Lines in the entries below where the word "filter" shows up should each be copied.
---------- Listed records
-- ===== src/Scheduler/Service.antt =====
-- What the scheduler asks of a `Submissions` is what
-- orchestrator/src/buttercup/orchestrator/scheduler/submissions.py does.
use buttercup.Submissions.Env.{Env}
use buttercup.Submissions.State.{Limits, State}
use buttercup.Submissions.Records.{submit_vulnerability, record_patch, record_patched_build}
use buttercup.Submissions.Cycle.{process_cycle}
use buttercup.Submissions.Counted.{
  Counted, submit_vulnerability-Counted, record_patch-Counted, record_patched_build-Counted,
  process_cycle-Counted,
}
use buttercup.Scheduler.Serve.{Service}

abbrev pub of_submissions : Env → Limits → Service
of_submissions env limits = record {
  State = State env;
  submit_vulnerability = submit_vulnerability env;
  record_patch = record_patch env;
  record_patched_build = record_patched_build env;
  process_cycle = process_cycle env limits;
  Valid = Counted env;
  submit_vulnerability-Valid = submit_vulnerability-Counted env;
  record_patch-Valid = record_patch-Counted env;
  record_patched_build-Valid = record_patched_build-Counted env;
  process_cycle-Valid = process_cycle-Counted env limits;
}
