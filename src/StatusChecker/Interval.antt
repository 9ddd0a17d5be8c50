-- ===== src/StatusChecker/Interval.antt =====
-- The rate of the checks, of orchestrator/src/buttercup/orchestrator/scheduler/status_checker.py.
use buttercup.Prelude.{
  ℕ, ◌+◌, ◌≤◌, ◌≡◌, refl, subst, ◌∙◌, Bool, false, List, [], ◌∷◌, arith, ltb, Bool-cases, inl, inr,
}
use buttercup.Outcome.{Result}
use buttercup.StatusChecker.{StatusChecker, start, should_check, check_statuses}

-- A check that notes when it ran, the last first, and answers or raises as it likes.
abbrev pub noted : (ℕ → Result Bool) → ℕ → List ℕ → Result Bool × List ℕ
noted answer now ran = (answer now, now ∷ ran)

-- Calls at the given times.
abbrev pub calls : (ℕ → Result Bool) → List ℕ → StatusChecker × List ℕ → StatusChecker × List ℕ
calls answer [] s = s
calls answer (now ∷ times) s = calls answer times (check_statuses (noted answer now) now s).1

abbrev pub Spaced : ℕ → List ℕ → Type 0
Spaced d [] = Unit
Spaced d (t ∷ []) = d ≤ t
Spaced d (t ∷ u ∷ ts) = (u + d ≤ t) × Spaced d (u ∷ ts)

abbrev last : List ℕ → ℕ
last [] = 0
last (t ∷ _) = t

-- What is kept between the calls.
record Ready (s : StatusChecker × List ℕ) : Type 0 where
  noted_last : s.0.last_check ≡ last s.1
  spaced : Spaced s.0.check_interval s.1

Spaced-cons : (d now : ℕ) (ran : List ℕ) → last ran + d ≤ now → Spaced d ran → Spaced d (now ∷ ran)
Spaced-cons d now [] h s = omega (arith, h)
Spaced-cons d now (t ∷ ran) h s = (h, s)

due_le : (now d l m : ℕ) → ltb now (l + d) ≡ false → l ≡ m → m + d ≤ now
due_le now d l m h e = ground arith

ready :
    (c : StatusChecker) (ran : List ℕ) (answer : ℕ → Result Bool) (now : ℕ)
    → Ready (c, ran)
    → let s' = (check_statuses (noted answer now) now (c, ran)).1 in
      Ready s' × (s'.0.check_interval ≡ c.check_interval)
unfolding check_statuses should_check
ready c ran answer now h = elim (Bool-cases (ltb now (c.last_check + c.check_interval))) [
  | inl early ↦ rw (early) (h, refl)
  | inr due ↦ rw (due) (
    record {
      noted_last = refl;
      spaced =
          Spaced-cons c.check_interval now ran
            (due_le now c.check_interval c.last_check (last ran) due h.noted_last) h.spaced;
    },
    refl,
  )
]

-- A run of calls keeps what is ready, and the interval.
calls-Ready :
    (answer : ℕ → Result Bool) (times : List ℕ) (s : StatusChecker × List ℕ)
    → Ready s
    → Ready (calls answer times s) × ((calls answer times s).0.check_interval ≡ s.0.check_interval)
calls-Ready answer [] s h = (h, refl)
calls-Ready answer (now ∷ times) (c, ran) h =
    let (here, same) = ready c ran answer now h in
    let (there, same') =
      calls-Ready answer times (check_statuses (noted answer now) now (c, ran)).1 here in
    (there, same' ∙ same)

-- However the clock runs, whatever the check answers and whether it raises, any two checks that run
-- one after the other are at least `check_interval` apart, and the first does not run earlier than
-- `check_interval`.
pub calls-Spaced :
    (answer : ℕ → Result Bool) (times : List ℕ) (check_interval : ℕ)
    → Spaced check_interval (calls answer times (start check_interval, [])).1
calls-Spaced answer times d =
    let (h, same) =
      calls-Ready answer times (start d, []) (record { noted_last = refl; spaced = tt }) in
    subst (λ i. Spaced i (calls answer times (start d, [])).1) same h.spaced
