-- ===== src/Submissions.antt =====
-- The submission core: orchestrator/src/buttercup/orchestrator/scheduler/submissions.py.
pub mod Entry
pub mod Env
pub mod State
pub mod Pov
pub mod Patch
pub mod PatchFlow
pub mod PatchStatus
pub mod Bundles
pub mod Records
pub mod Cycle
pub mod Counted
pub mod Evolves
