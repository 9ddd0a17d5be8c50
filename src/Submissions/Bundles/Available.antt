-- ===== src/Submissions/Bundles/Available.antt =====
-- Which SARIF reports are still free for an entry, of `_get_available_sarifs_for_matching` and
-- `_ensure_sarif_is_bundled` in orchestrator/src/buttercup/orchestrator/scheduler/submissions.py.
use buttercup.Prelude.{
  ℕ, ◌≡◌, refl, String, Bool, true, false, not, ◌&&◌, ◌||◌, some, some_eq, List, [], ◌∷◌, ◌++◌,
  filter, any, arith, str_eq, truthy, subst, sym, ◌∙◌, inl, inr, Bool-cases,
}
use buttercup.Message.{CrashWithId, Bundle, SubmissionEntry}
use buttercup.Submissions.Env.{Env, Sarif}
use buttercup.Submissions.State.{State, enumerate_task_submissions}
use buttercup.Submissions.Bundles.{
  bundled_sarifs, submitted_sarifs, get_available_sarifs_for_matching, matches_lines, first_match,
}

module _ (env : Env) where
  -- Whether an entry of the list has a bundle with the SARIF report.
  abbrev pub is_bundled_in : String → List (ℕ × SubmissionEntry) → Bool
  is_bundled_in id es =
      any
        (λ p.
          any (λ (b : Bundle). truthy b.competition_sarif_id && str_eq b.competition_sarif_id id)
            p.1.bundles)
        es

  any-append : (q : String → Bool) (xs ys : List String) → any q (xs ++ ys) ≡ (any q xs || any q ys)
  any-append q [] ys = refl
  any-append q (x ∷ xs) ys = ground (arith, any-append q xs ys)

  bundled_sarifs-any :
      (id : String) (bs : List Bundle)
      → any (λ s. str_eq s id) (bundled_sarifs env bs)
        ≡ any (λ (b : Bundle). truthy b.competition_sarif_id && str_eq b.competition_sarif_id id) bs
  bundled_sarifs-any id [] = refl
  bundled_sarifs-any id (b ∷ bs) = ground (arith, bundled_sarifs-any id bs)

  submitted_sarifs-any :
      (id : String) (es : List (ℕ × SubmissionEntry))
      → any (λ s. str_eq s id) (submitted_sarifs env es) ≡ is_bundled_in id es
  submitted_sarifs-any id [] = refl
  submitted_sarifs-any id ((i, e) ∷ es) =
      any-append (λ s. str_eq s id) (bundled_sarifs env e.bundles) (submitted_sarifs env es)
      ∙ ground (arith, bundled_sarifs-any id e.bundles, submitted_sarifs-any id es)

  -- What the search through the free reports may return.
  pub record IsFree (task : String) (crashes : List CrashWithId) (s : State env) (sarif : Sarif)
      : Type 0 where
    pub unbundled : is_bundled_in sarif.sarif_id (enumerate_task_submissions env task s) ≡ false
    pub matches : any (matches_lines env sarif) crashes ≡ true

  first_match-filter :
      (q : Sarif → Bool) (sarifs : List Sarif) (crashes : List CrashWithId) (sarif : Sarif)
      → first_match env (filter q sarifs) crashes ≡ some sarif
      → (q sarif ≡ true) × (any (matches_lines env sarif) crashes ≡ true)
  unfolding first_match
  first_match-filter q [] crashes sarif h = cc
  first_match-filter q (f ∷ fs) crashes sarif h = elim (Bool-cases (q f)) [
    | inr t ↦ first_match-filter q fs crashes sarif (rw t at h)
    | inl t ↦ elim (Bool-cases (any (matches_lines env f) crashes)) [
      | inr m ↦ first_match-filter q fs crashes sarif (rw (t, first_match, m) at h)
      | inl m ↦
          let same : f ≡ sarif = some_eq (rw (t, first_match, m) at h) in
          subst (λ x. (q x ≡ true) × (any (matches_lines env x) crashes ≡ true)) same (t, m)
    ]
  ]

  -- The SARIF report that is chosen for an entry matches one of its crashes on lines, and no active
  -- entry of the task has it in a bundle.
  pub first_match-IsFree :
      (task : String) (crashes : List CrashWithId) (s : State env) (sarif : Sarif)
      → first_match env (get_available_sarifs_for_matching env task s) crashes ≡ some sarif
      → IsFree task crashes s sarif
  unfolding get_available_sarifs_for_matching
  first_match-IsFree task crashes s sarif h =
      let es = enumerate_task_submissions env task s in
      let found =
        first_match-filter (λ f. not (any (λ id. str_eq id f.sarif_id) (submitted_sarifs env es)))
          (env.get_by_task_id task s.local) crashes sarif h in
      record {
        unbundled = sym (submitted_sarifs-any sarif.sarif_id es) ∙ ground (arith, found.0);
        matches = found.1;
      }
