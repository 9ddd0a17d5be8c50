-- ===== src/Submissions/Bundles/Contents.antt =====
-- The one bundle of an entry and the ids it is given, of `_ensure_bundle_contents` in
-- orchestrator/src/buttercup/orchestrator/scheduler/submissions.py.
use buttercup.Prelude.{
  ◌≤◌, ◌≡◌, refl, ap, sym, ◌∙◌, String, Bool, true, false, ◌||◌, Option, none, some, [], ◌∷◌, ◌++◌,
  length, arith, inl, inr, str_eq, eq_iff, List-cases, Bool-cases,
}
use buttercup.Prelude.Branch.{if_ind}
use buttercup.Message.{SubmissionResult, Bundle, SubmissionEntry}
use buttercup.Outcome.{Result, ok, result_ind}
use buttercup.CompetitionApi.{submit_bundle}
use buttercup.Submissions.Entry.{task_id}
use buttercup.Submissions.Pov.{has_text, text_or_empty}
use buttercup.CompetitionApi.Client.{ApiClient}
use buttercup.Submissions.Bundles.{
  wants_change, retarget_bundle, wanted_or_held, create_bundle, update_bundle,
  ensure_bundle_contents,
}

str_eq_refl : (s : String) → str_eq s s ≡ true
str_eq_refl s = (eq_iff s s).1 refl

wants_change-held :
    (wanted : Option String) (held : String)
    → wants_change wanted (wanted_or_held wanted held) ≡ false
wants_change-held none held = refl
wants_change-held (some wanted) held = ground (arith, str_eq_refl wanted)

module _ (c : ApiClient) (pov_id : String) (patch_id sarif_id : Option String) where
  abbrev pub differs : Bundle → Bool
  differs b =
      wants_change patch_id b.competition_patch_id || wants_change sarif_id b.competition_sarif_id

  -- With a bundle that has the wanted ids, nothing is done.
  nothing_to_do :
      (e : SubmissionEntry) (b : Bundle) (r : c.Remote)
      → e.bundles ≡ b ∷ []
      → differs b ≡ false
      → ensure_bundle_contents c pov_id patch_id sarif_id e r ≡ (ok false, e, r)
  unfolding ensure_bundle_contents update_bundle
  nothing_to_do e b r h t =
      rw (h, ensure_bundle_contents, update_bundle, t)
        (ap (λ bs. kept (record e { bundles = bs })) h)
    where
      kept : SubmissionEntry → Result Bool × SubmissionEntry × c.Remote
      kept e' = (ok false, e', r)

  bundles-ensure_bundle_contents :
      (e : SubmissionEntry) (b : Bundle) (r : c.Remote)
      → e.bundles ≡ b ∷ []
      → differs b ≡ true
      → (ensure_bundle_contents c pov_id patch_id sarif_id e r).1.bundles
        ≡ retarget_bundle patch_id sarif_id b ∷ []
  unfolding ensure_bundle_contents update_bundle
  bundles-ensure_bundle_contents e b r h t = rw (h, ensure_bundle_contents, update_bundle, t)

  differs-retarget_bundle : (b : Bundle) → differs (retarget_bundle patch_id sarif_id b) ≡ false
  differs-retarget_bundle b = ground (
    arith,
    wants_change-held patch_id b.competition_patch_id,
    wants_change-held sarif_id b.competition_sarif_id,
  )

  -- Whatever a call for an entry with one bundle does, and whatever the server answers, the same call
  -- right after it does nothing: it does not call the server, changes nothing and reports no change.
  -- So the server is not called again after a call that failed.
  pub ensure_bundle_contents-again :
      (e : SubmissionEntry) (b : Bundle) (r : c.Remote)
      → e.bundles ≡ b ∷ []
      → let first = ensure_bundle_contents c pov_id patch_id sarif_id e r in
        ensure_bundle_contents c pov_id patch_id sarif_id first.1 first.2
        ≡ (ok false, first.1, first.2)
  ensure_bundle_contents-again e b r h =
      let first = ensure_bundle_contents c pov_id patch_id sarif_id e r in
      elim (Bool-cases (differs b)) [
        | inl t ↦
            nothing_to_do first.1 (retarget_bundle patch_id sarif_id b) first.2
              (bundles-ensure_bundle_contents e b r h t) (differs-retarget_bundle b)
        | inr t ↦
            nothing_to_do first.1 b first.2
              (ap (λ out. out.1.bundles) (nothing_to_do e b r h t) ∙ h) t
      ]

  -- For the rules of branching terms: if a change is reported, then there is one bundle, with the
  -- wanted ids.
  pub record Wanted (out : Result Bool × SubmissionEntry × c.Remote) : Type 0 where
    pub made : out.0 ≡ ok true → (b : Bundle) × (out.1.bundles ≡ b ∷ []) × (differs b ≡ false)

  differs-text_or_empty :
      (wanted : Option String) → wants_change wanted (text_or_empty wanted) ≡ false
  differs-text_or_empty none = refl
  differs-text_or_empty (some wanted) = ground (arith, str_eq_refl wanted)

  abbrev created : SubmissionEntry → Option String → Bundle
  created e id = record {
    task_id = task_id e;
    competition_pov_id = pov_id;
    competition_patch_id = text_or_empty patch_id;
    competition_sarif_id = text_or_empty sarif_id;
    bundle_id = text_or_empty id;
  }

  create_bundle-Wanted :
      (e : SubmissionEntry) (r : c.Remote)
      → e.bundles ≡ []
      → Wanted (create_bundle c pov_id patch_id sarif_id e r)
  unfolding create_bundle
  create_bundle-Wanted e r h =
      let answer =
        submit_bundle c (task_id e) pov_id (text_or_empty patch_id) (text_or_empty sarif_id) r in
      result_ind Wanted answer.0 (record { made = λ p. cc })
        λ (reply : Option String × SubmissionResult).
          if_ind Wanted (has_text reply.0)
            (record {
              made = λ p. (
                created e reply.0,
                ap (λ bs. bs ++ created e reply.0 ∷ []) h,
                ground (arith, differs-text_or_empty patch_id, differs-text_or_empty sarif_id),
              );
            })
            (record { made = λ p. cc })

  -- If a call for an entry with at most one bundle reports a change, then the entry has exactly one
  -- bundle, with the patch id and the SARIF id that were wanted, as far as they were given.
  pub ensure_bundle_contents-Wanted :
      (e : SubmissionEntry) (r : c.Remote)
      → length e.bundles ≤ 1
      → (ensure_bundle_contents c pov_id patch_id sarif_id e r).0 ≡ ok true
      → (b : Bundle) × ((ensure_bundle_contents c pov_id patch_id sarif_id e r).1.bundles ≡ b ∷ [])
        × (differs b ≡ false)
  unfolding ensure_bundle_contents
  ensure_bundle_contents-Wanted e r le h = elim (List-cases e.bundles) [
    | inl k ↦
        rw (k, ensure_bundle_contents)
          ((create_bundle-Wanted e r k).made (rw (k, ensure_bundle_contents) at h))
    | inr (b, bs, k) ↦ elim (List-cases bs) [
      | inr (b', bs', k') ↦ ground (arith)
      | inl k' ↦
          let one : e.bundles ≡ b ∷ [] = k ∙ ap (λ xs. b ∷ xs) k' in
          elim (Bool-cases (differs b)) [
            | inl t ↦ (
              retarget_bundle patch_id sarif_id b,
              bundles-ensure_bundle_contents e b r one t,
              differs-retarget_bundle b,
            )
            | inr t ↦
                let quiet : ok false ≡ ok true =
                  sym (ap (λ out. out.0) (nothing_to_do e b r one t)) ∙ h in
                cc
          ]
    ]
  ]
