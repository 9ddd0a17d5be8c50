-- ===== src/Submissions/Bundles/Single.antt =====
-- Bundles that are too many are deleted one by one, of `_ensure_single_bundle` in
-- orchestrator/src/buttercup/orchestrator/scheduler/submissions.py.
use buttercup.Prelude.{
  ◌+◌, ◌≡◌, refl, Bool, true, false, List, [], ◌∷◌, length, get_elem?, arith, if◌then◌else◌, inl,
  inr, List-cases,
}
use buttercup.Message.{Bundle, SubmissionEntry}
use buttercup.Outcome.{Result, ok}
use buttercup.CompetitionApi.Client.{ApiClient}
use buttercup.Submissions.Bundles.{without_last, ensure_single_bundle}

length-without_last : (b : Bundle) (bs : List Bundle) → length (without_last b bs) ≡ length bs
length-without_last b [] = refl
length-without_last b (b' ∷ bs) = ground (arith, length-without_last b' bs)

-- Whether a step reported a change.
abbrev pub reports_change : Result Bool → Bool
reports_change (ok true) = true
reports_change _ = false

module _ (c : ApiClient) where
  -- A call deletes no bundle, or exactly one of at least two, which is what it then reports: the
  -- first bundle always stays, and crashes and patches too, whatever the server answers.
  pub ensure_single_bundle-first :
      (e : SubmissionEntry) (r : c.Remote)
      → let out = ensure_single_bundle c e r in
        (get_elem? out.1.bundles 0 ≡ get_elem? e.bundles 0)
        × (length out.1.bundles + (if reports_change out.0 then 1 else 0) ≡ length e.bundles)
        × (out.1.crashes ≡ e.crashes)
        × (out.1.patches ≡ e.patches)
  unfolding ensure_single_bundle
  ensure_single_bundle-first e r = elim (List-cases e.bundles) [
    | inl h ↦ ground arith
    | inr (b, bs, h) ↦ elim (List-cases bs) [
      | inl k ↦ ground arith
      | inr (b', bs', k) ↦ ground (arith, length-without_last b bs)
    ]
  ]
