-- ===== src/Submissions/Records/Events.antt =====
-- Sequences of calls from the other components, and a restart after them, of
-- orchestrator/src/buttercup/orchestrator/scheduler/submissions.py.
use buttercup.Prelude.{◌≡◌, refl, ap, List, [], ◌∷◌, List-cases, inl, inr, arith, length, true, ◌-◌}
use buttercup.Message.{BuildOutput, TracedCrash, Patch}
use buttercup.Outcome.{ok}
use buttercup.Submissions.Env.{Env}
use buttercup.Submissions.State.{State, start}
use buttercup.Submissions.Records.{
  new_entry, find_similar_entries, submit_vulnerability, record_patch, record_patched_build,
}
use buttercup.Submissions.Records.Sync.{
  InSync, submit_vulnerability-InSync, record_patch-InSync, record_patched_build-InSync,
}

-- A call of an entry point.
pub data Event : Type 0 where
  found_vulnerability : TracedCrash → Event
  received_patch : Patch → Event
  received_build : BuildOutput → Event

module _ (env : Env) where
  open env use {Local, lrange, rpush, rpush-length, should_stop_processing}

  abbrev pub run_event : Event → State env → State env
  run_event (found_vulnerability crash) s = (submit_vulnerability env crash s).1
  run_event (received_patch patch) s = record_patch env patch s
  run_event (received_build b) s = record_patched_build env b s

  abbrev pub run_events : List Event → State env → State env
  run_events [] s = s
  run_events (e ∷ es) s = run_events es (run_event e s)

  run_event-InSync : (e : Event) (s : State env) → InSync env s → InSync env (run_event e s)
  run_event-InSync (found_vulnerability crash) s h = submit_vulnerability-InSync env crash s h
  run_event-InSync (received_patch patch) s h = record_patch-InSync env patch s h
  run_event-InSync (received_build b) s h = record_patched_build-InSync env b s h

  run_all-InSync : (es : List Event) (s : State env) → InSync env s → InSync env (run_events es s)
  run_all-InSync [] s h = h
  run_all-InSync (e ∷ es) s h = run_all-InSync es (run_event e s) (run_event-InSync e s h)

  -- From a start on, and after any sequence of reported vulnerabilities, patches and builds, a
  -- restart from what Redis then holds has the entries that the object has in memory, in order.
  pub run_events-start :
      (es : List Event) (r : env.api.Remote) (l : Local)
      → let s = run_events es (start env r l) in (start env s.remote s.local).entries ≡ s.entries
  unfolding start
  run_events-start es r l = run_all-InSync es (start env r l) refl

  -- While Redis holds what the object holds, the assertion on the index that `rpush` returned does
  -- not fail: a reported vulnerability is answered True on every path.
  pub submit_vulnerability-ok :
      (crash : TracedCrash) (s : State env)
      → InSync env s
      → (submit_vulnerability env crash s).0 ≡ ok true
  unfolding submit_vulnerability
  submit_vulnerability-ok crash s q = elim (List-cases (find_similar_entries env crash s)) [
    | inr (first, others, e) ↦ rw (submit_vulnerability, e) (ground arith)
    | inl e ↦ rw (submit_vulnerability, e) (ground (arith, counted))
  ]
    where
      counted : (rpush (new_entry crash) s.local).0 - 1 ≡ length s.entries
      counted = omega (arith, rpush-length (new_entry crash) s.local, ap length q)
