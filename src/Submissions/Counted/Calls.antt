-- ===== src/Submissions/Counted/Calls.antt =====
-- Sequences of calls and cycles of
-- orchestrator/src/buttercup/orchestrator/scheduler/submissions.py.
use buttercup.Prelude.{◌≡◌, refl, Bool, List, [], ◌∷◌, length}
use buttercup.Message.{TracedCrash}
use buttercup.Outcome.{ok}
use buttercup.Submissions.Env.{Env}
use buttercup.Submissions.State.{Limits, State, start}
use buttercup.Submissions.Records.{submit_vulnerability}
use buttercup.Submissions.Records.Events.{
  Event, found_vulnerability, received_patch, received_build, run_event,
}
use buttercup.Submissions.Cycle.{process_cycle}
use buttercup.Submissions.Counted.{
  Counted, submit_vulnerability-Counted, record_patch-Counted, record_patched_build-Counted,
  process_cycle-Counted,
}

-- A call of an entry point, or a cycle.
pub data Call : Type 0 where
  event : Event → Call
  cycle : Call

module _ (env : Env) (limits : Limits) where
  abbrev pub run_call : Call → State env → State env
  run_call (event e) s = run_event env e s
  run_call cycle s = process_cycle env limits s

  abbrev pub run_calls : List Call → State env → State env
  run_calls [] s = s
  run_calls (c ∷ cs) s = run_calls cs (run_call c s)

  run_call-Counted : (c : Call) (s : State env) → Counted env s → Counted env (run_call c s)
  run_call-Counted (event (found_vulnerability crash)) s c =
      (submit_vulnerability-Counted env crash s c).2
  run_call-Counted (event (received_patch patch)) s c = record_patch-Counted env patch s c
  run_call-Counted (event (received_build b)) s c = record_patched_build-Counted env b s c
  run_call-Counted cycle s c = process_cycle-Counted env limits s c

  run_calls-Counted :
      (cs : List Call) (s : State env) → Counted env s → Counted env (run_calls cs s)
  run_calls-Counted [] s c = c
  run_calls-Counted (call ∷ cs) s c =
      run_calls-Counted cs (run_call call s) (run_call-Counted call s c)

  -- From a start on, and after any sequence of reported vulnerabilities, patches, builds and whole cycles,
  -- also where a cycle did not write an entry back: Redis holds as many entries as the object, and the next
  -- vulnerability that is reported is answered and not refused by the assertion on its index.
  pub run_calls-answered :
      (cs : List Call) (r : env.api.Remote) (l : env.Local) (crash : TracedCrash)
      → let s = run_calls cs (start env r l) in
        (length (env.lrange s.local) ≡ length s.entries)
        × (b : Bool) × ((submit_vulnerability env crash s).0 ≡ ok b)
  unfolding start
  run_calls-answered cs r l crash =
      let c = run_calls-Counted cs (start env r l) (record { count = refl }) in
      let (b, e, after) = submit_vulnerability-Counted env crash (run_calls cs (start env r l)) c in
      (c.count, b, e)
--------------------
*Solution to the exercise*:
  filter, any, arith, str_eq, truthy, subst, sym, ◌∙◌, inl, inr, Bool-cases,
  first_match-filter :
      → first_match env (filter q sarifs) crashes ≡ some sarif
  first_match-filter q [] crashes sarif h = cc
  first_match-filter q (f ∷ fs) crashes sarif h = elim (Bool-cases (q f)) [
    | inr t ↦ first_match-filter q fs crashes sarif (rw t at h)
      | inr m ↦ first_match-filter q fs crashes sarif (rw (t, first_match, m) at h)
        first_match-filter (λ f. not (any (λ id. str_eq id f.sarif_id) (submitted_sarifs env es)))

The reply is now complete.